Animal Data: Dolutegravir was administered orally at up to 1,000 mg per kg daily to pregnant rats and rabbits on gestation Days 6 to 17 and 6 to 18, respectively, and to rats on gestation Day 6 to lactation/post-partum Day 20. No adverse effects on embryo-fetal (rats and rabbits) or pre/post-natal (rats) development were observed at up to the highest dose tested.). During organogenesis, systemic exposures (AUC) to dolutegravir in rabbits were less than the exposure in humans at the MRHD and in rats were approximately 27 times the exposure in humans at the MRHD. In the rat pre/post-natal development study, decreased body weight of the developing offspring was observed during lactation at a maternally toxic dose (approximately 27 times human exposure at the MRHD). ).
Breast-feeding: Lamivudine/Tenofovir Disoproxil Fumarate: In animal studies it has been shown that tenofovir is excreted into milk. It is not known whether tenofovir is excreted in human milk. Lamivudine is excreted into the breast milk of lactating mothers.
Current recommendations on HIV and breastfeeding (e.g. those from the WHO) should be consulted before advising patients on this matter. Preferred options may vary depending on the local circumstances.
Dolutegravir: Risk Summary: It is not known whether Dolutegravir is present in human breast milk, affects human milk production, or has effects on the breastfed infant. When administered to lactating rats, dolutegravir was present in milk (see Data).
Because of the potential for (1) HIV-1 transmission (in HIV-negative infants), (2) developing viral resistance (in HIV-positive infants), and (3) adverse reactions in a breastfed infant similar to those seen in adults, instruct mothers not to breastfeed if they are receiving Dolutegravir.
Data: Animal Data: Dolutegravir was the primary drug-related component excreted into the milk of lactating rats following a single oral dose of 50 mg per kg on lactation Day 10, with milk concentrations of up to approximately 1.3 times that of maternal plasma concentrations observed 8 hours postdose.

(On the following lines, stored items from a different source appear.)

-- ===== src/Ledger/Books/Sweep.antt =====
-- Proofs about sweep of services/ledger/internal/app/sweeper.go: which holds it releases.
use bank_core.Prelude.{
  ℕ, ◌≤◌, ◌≡◌, refl, inl, inr, arith, String, str_eq, str_eq_iff, true, false, List, [], ◌∷◌, some,
  All, map, length, Option-cases, string_discrete,
}
use bank_core.Prelude.Int.{pos, int_laws, ltb_ℤ}
use bank_core.Prelude.Int64.{sub64}
use bank_core.Prelude.Dict.{lookup}
use bank_core.Prelude.Results.{ok}
use bank_core.Ledger.Domain.{Balance, Hold, hold_active, hold_captured, hold_released, release_hold}
use bank_core.Ledger.Store.{
  Db, update, find_row, lock_balance, update_balance, lock_hold_by_id, set_hold_status, within_tx,
}
use bank_core.Ledger.Store.Lemmas.{set_status, find_row-All}
use bank_core.Ledger.Service.{
  settle_release, release_hold_tx, release_hold_op, sweep_holds, sweep, list_expired_holds, expired,
  by_expiry, limited,
}
use bank_core.Ledger.Books.Invariant.{IsConsistent, IsHold}
use bank_core.Ledger.Books.Sums.{amount-le-held_for}
use bank_core.Ledger.Books.Listing.{
  released, has, IsDistinct, HasUniqueIds-IsDistinct, release_one, map-set_status,
  map-release_nothing, Listed, swept, by_expiry-IsDistinct, expired-IsDistinct, by_expiry-All,
  rows-found, expired-Listed, release_due, has-expired-due, has-due, length-by_expiry, limited_all,
}
use bank_core.Ledger.Books.Holds.{release_hold_op-IsConsistent, sweep-IsConsistent, sub64-nonneg}

-- In books that are in order the balance row of an active hold is there, and its held money covers
-- the hold.
held_covers :
    (id : String) (db : Db) (h : Hold)
    → IsConsistent db
    → find_row (λ g. str_eq g.id id) db.holds ≡ some h
    → h.status ≡ hold_active
    → (b : Balance) × (lookup h.account_id db.balances ≡ some b)
      × (ltb_ℤ (sub64 b.held h.amount) (pos 0) ≡ false)
held_covers id db h c found active =
    let hold = (find_row-All IsHold (λ g. str_eq g.id id) db.holds h c.holds_ok found).0 in
    let part = amount-le-held_for id h db.holds c.holds_ok found active in
    elim (Option-cases (lookup h.account_id db.balances)) [
      | inl missing ↦
          let none_held = (c.unused h.account_id missing).1 in
          absurd (grind (int_laws, hold.amount_pos, part, none_held))
      | inr (b, there) ↦
          let before = c.balanced h.account_id b there in
          let (exact, range) =
            sub64-nonneg b.held h.amount before.row.held_range hold.amount_range
              before.row.held_nonneg (omega (arith, hold.amount_pos)) in
          (b, there, grind (int_laws, exact, part, before.held_sum))
    ]

not_released : str_eq hold_active hold_released ≡ false
unfolding string_discrete
not_released = refl

not_captured : str_eq hold_active hold_captured ≡ false
unfolding string_discrete
not_captured = refl

-- So ReleaseHold of an active hold is not refused.
release_active :
    (db : Db) (h : Hold)
    → IsConsistent db
    → find_row (λ g. str_eq g.id h.id) db.holds ≡ some h
    → h.status ≡ hold_active
    → (release_hold_op h.id db).1.holds ≡ set_status h.id hold_released db.holds
unfolding release_hold_op release_hold_tx lock_hold_by_id within_tx
release_active db h c found active =
    let (b, there, fits) = held_covers h.id db h c found active in
    let freed : (release_hold h ≡ ok (released h, true)) =
      unfold release_hold in rw (active, not_released, not_captured) refl in
    let settled : (settle_release h (released h) db
        ≡ ok (
          released h,
          record db {
            balances = update b.account_id (record b { held = sub64 b.held h.amount }) db.balances;
            holds = set_status h.id hold_released db.holds;
          },
        )) =
      unfold settle_release lock_balance update_balance set_hold_status in
      ground (arith, there, fits) in
    ground (arith, found, freed, settled)

-- A status that is set on one id leaves the row of another.
pub find-other :
    (x id status : String) (rows : List Hold)
    → str_eq x id ≡ false
    → find_row (λ r. str_eq r.id x) (set_status id status rows) ≡ find_row (λ r. str_eq r.id x) rows
find-other x id status [] other = refl
find-other x id status (r ∷ rows) other =
    let ih = find-other x id status rows other in
    ground (arith, ih, str_eq_iff r.id x, str_eq_iff r.id id, str_eq_iff x id)

Listed-set_status :
    (id : String) (rows gs : List Hold)
    → has id gs ≡ false
    → All (Listed rows) gs
    → All (Listed (set_status id hold_released rows)) gs
Listed-set_status id rows [] other l = tt
Listed-set_status id rows (g ∷ gs) other l =
    let rest = Listed-set_status id rows gs (ground arith) l.1 in
    ((ground (arith, find-other g.id id hold_released rows (ground arith), l.0), l.0.1), rest)

-- The loop releases the active holds it is given, each once, and no other row changes.
sweep_holds-releases :
    (gs : List Hold) (db : Db)
    → IsConsistent db
    → IsDistinct gs
    → All (Listed db.holds) gs
    → (sweep_holds gs db).holds ≡ map (release_one gs) db.holds
unfolding sweep_holds
sweep_holds-releases [] db c d l = ground (arith, map-release_nothing db.holds)
sweep_holds-releases (g ∷ gs) db c d l =
    let once = release_active db g c l.0.0 l.0.1 in
    let listed : All (Listed (release_hold_op g.id db).1.holds) gs =
      rw once (Listed-set_status g.id db.holds gs d.0 l.1) in
    let ih =
      sweep_holds-releases gs (release_hold_op g.id db).1 (release_hold_op-IsConsistent g.id db c)
        d.1 listed in
    rw ih (rw once (map-set_status gs g db.holds))

-- One sweep of books that are in order, with at most the hundred due holds that a sweep lists, releases
-- every active hold whose expiry is before now, changes no other hold, and leaves the books in order.
pub sweep_exact :
    (now : ℕ) (db : Db)
    → IsConsistent db
    → length (expired now db.holds) ≤ 100
    → ((sweep now db).holds ≡ map (swept now) db.holds) × IsConsistent (sweep now db)
unfolding sweep list_expired_holds
sweep_exact now db c few =
    let due = by_expiry (expired now db.holds) in
    let distinct = HasUniqueIds-IsDistinct db.holds c.holds_unique in
    let whole : (limited 100 due ≡ due) =
      limited_all 100 due (ground (arith, length-by_expiry (expired now db.holds))) in
    let run =
      sweep_holds-releases due db c
        (by_expiry-IsDistinct (expired now db.holds) (expired-IsDistinct now db.holds distinct))
        (by_expiry-All (Listed db.holds) (expired now db.holds)
          (expired-Listed now db.holds db.holds (rows-found db.holds distinct))) in
    (
      rw whole (
          rw run (
            release_due now due db.holds distinct (
              has-due now (expired now db.holds) db.holds
                (has-expired-due now db.holds distinct)))),
      sweep-IsConsistent now db c,
    )
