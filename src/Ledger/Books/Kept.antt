-- ===== src/Ledger/Books/Kept.antt =====
-- Proofs about a hold that was captured or released: ReleaseHold, the sweep and PlaceHold leave its row.
use bank_core.Prelude.{
  ℕ, ◌≡◌, refl, ◌≢◌, ◌⊎◌, inl, inr, arith, String, str_eq, str_eq_iff, true, false, ◌||◌, List, [],
  ◌∷◌, Option, some, Option-cases, Bool-cases, string_discrete, ne_of_test, ◌∙◌,
}
use bank_core.Prelude.Int.{ℤ}
use bank_core.Prelude.Dict.{lookup}
use bank_core.Prelude.Results.{Result, ok, err, Result-cases}
use bank_core.Ledger.Domain.{
  Account, Balance, Hold, hold_active, hold_captured, hold_released, release_hold,
}
use bank_core.Ledger.Store.{
  Fault, domain, not_found, ref_conflict, held_underflow, db_error, AccountRef, Db, find_row,
  lock_balance, lock_hold_by_id, insert_hold, update_balance, get_account_by_ref,
  get_hold_by_reference, within_tx,
}
use bank_core.Ledger.Store.Lemmas.{set_status, within_tx_keeps, >>=-eq-ok, insert_hold-ok}
use bank_core.Ledger.Service.{
  AppError, to_app_err, place_new_hold, reserve, place_hold, place_hold_tx, settle_release,
  release_hold_tx, release_hold_op, sweep_holds,
}
use bank_core.Ledger.Books.Holds.{settle_release-eq}
use bank_core.Ledger.Books.Sweep.{find-other}
use bank_core.Ledger.Books.Place.{tables_after, place_new_hold-eq}

released≢captured : hold_released ≢ hold_captured
unfolding string_discrete
released≢captured = ne_of_test hold_released hold_captured refl

captured≢active : hold_captured ≢ hold_active
unfolding string_discrete
captured≢active = ne_of_test hold_captured hold_active refl

released≢active : hold_released ≢ hold_active
unfolding string_discrete
released≢active = ne_of_test hold_released hold_active refl

pub update_balance-holds :
    (b : Balance) (db db' : Db) → update_balance b db ≡ ok (tt, db') → db'.holds ≡ db.holds
unfolding update_balance
update_balance-holds b db db' e = ground arith

module _ (h : Hold) (over : (h.status ≡ hold_captured) ⊎ (h.status ≡ hold_released)) where
  abbrev pub Stays : Db → Type 0
  Stays db = find_row (λ g. str_eq g.id h.id) db.holds ≡ some h

  pub not_active : h.status ≢ hold_active
  not_active e = elim over [
    | inl c ↦ absurd (ground (arith, c, e, captured≢active))
    | inr r ↦ absurd (ground (arith, r, e, released≢active))
  ]

  unreleased : (r : Hold) → ¬ (release_hold h ≡ ok (r, true))
  unfolding release_hold
  unreleased r e = elim over [
    | inl c ↦ absurd (ground (arith, c, e, released≢captured))
    | inr x ↦ absurd (ground (arith, x, e))
  ]

  -- A status set on the row of another id.
  pub set-Stays :
      (id status : String) (db db' : Db)
      → id ≢ h.id
      → db'.holds ≡ set_status id status db.holds
      → Stays db
      → Stays db'
  set-Stays id status db db' other tables stays =
      rw tables
        (find-other h.id id status db.holds (ground (arith, other, str_eq_iff h.id id)) ∙ stays)

  -- The row that an id leads to is not this one, if it is another hold.
  pub row-id :
      (id : String) (g : Hold) (db : Db)
      → Stays db
      → find_row (λ r. str_eq r.id id) db.holds ≡ some g
      → id ≡ h.id
      → g ≡ h
  row-id id g db stays found same = ground (arith, stays, rw same at found)

  pub found-own :
      (id : String) (rows : List Hold) (g : Hold)
      → find_row (λ r. str_eq r.id id) rows ≡ some g
      → g.id ≡ id
  found-own id [] g e = absurd (ground arith)
  found-own id (r ∷ rows) g e = elim (Bool-cases (str_eq r.id id)) [
    | inl hit ↦ ground (arith, hit, e, str_eq_iff r.id id)
    | inr miss ↦ found-own id rows g (ground (arith, miss, e))
  ]

  pub release-Stays :
      (id : String) (db db' : Db) (out : Hold)
      → Stays db
      → release_hold_tx id db ≡ ok (out, db')
      → Stays db'
  unfolding release_hold_tx lock_hold_by_id
  release-Stays id db db' out stays e =
      elim (Option-cases (find_row (λ g. str_eq g.id id) db.holds)) [
        | inl missing ↦ absurd (ground arith)
        | inr (g, found) ↦
            let own = found-own id db.holds g found in
            elim (Result-cases (release_hold g)) [
              | inl ((r, true), changed) ↦ elim (Option-cases (lookup g.account_id db.balances)) [
                | inl missing ↦ absurd (
                    unfold settle_release lock_balance in
                    ground (arith, found, changed, missing, e))
                | inr (b, there) ↦
                    let (_, tables) =
                      settle_release-eq db g r out db' b there
                        (ground (arith, found, changed, e)) in
                    set-Stays g.id hold_released db db'
                      (λ same. absurd (
                        unreleased r
                          (rw (row-id id g db stays found (ground (arith, own, same))) at changed)))
                      (ground (arith, tables)) stays
              ]
              | inl ((r, false), kept) ↦
                  let tables : (db ≡ db') = ground (arith, found, kept, e) in rw (← tables) stays
              | inr (x, refused) ↦ absurd (ground (arith, found, refused, e))
            ]
      ]

  pub sweep_holds-Stays : (gs : List Hold) (db : Db) → Stays db → Stays (sweep_holds gs db)
  unfolding sweep_holds release_hold_op
  sweep_holds-Stays [] db stays = stays
  sweep_holds-Stays (g ∷ gs) db stays = sweep_holds-Stays gs (release_hold_op g.id db).1 (
      within_tx_keeps Stays (release_hold_tx g.id) db stays
        (λ out db' done. release-Stays g.id db db' out stays done))

  reserved-Stays :
      (b : Balance) (n out : Hold) (db db' : Db)
      → Stays db
      → reserve b n db ≡ ok (out, db')
      → Stays db'
  unfolding reserve
  reserved-Stays b n out db db' stays e =
      let (_, db₁, inserted, rest) = >>=-eq-ok (insert_hold n) _ db e in
      let (_, db₂, written, final) = >>=-eq-ok (update_balance _) _ db₁ rest in
      let (_, fresh, tables) = insert_hold-ok n db db₁ inserted in
      let kept = update_balance-holds _ db₁ db₂ written in
      let same : (db₂ ≡ db') = ground (arith, final) in
      let rows : (db'.holds ≡ n ∷ db.holds) = ground (arith, kept, same, tables) in
      elim (Bool-cases (str_eq n.id h.id)) [
        | inr other ↦ ground (arith, rows, other, stays)
        | inl hit ↦
            let own : (n.id ≡ h.id) = ground (arith, hit, str_eq_iff n.id h.id) in
            absurd (ground (arith, stays, rw own at fresh))
      ]

  placed-Stays :
      (id : String) (acct : Account) (amount : ℤ) (currency ref_type ref_id : String) (at : ℕ)
      (db db' : Db) (out : Hold)
      → Stays db
      → place_new_hold id acct amount currency ref_type ref_id at db ≡ ok (out, db')
      → Stays db'
  placed-Stays id acct amount currency ref_type ref_id at db db' out stays e =
      elim (Option-cases (lookup acct.id db.balances)) [
        | inl missing ↦ absurd (unfold place_new_hold lock_balance in ground (arith, missing, e))
        | inr (b, there) ↦
            let (_, reserved) =
              place_new_hold-eq id acct amount currency ref_type ref_id at db db' out b there e in
            reserved-Stays b _ out db db' stays reserved
      ]

  place-Stays :
      (id : String) (ref : AccountRef) (amount : ℤ) (currency ref_type ref_id : String) (at : ℕ)
      (db db' : Db) (out : Hold)
      → Stays db
      → place_hold_tx id ref amount currency ref_type ref_id at db ≡ ok (out, db')
      → Stays db'
  unfolding place_hold_tx
  place-Stays id ref amount currency ref_type ref_id at db db' out stays e =
      elim (Result-cases (get_account_by_ref ref db)) [
        | inr (x, unknown) ↦ absurd (ground arith)
        | inl (acct, known) ↦ elim (Option-cases (get_hold_by_reference ref_type ref_id db)) [
          | inr (existing, replayed) ↦ let same : (db ≡ db') = ground arith in rw (← same) stays
          | inl fresh ↦
              placed-Stays id acct amount currency ref_type ref_id at db db' out stays
                (ground arith)
        ]
      ]

  retried :
      (db : Db) (r : Result Fault Hold × Db) (again : Option (Result AppError Hold × Db))
      → Stays r.1
      → Stays (tables_after again db)
      → Stays (
          tables_after
            (elim r.0 [
              | ok hold ↦ some (ok hold, r.1)
              | err ref_conflict ↦ again
              | err e ↦ some (err (to_app_err e), r.1)
            ])
            db)
  retried db (ok hold, db') again step rest = step
  retried db (err ref_conflict, db') again step rest = rest
  retried db (err (domain x), db') again step rest = step
  retried db (err not_found, db') again step rest = step
  retried db (err held_underflow, db') again step rest = step
  retried db (err db_error, db') again step rest = step

  pub place_hold-Stays :
      (ids : List String) (ref : AccountRef) (amount : ℤ) (currency ref_type ref_id : String)
      (at : ℕ) (db : Db)
      → Stays db
      → Stays (tables_after (place_hold ids ref amount currency ref_type ref_id at db) db)
  unfolding place_hold
  place_hold-Stays [] ref amount currency ref_type ref_id at db stays = stays
  place_hold-Stays (id ∷ ids) ref amount currency ref_type ref_id at db stays =
      let step =
        within_tx_keeps Stays (place_hold_tx id ref amount currency ref_type ref_id at) db stays
          (λ out db' done.
            place-Stays id ref amount currency ref_type ref_id at db db' out stays done) in
      let again = place_hold-Stays ids ref amount currency ref_type ref_id at db stays in
      elim (Bool-cases (str_eq ref_type "" || str_eq ref_id "")) [
        | inl empty ↦ rw empty stays
        | inr given ↦ rw given (
            retried db (within_tx (place_hold_tx id ref amount currency ref_type ref_id at) db)
              (place_hold ids ref amount currency ref_type ref_id at db) step again)
      ]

Fertility: Dolutegravir: Females and Males of Reproductive Potential: Pregnancy Testing: Perform pregnancy testing in adolescents and adults of childbearing potential before initiation of Dolutegravir.
Contraception: Adolescents and adults of childbearing potential should avoid use of Dolutegravir at the time of conception through the first trimester of pregnancy because of the potential risk of neural tube defects. Advise adolescents and adults of childbearing potential who are taking Dolutegravir to consistently use effective contraception.